Os advogados do Presidente norte-americano tinham considerado no mês passado que a intimação judicial para a entrega das declarações fiscais tinha sido feita com má-fé e era uma manifestação de assédio a Trump.

O procurador do distrito de Manhattan, Cyrus R. Vance, Jr., quer consultar as declarações fiscais de Trump enquanto pessoa e da organização empresarial homónima, mas pouco divulgou sobre os seus motivos, além de que parte da investigação está relacionada com pagamentos feitos a várias mulheres para comprar o seu silêncio sobre relações com Trump.

Nos argumentos entregues ao tribunal, os advogados de Vance afirmaram que os argumentos de Trump que consideravam a intimação demasiado geral partiam da “premissa falsa” que a investigação estava limitada àqueles pagamentos.

“Este tribunal já está ciente que esta asserção está fatalmente atingida pela informação não contestada existente no domínio público”, escreveram.

Acrescentaram também que a informação pública demonstra que na altura em que a intimação foi emitida “havia alegações públicas sobre possível actividade criminosa na Organização Trump, baseada no condado de Nova Iorque, há mais de uma década”.

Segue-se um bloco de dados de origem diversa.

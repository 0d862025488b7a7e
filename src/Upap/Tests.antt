-- ===== src/Upap/Tests.antt =====
-- A PAP unit with a table of one user, runs of it, and the theorems at these inputs.
use ppp.Prelude.{
  ◌<◌, ◌-◌, ℕ, newest, pos, ◌+◌, ◌≡◌, ◌⊎◌, refl, true, List, [], ◌∷◌, length, drop, ◌==◌,
  if◌then◌else◌, arith,
}
use ppp.Upap.Defs.{set_client, ClientState, ServerState, World, Auth, Upap}
use ppp.Upap.Ops.{
  is_authreq, dispatch, timeout, sauthreq, lowerup, lowerdown, authwithpeer, rauthack, input,
  answer_request,
}
use ppp.Upap.Run.{Event, with_peer, fire, up, expire, receive, start, step, run, expiries}
use ppp.Upap.Client.{IsTimed, KeepsTimed, run-IsTimed}
use ppp.Upap.Server.{input-sauthreq}
use ppp.Upap.Admission.{Shut, Enters, step-Shut}
use ppp.Upap.Retry.{with_requests, requests_give_up, stale_timer}

-- The state counts the reports. The user is "a" with the password "b".
abbrev auth : Auth ℕ
auth = record {
  check_passwd = λ c user passwd. (if length user + length passwd == 2 then 2 else 3, [], c);
  auth_number = λ c. true;
  withpeer_fail = λ w. record w { client = w.client + 1 };
  withpeer_success = λ w. record w { client = w.client + 1 };
  peer_fail = λ w. record w { client = w.client + 1 };
  peer_success = λ user w. record w { client = w.client + 1 };
}

auth-KeepsTimed : KeepsTimed auth
auth-KeepsTimed = record {
  withpeer_fail = λ w h. ground arith;
  withpeer_success = λ w h. ground arith;
  peer_fail = λ w h. ground arith;
  peer_success = λ user w h. ground arith;
}

abbrev raw : Upap
raw = record {
  user = 97 ∷ [];
  passwd = 98 ∷ [];
  clientstate = ClientState.auth_req;
  serverstate = ServerState.listen;
  id = 4;
  timeouttime = 3;
  transmits = 1;
  maxtransmits = pos 3;
  reqtimeout = pos 30;
}

abbrev asking : World ℕ
asking = record { upap = raw; timers = 1; req_timers = 1; sent = []; client = 0 }

abbrev story : List (Event ℕ)
story = up ∷ with_peer (97 ∷ []) (98 ∷ []) ∷ expire ∷ expire ∷ receive (2 ∷ 3 ∷ 0 ∷ 5 ∷ 0 ∷ []) ∷ []

story_opens : (run auth story (start raw 0)).upap.clientstate ≡ ClientState.open'
unfolding run step fire input dispatch rauthack authwithpeer lowerup timeout start
story_opens = refl

run-IsTimed_example : IsTimed (run auth story (start raw 0))
run-IsTimed_example = run-IsTimed auth auth-KeepsTimed raw 0 story

input-sauthreq_example :
    input auth (drop 4 (newest (sauthreq asking).sent)) asking
    ≡ answer_request auth 5 (97 ∷ []) (98 ∷ []) asking
input-sauthreq_example = input-sauthreq auth asking asking (omega arith) (omega arith) refl

abbrev request : List ℕ
request = 1 ∷ 5 ∷ 0 ∷ 8 ∷ 1 ∷ 97 ∷ 1 ∷ 98 ∷ []

step-Shut_example : Shut (step auth (receive request) asking) ⊎ Enters auth asking (receive request)
step-Shut_example =
    step-Shut auth
      (record { withpeer_fail = λ w h. h; withpeer_success = λ w h. h; peer_fail = λ w h. h })
      (receive request) asking refl

requests_give_up_example :
    let v = expiries auth 2 asking in
    (is_authreq v.upap.clientstate ≡ true)
    × (0 < v.timers)
    × (v.sent ≡ with_requests 2 asking.upap.id asking.upap.user asking.upap.passwd [])
    × (expiries auth 3 asking
        ≡ auth.withpeer_fail (set_client ClientState.bad_auth (record v { timers = v.timers - 1 })))
requests_give_up_example = requests_give_up auth 2 3 asking refl (omega arith) refl refl

stale_timer_example :
    let again = lowerup (authwithpeer (97 ∷ []) (98 ∷ []) (lowerdown (rauthack auth [] asking))) in
    (is_authreq again.upap.clientstate ≡ true) × (again.timers ≡ 2) × (again.upap.transmits ≡ 1)
stale_timer_example = stale_timer auth (97 ∷ []) (98 ∷ []) asking (λ w. (refl, refl)) refl refl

Os advogados acentuaram ainda que “estas alegações descrevem transacções envolvendo indivíduos e representantes empresariais baseados no condado de Nova Iorque, mas com uma conduta que vai além das fronteiras de Nova Iorque”.

O juiz Victor Marrero foi assim instado a rejeitar os argumentos de Trump, com os advogados do procurador a considerarem que as suas argumentações infundadas visavam comprometer a investigação.

Marrero, que já decidiu contra Trump no ano passado, tinha exigido que as partes lhe apresentassem os seus argumentos até meados de agosto.

“Todo o dia que passa é mais um dia que (Trump) consegue de facto a ‘imunidade absoluta temporária’ que já foi rejeitada por este Tribunal, pelo tribunal de Recurso e pelo Supremo Tribunal”, consideraram os advogados da Procuradoria.

“Todo o dia que passa aumentam a possibilidade de perda de provas ou da expiração de prazos – a preocupação específica mencionada pelo Supremo Tribunal quando rejeitou a consideração de que Trump estava acima da lei”.

O Supremo Tribunal rejeitou em julho a consideração dos advogados de Trump de que este não podia ser investigado criminalmente enquanto estivesse no cargo.

Vance já disse que os registos fiscais são parte da prova do que fez o então advogado pessoal de Trump, Michael Cohen, durante as eleições presidenciais de 2016 nos EUA, para obter o silêncio da atriz porno Stormy Daniels e do modelo Karen McDougal sobre casos extra maritais com Trump. Casos estes cuja existência Trump negou.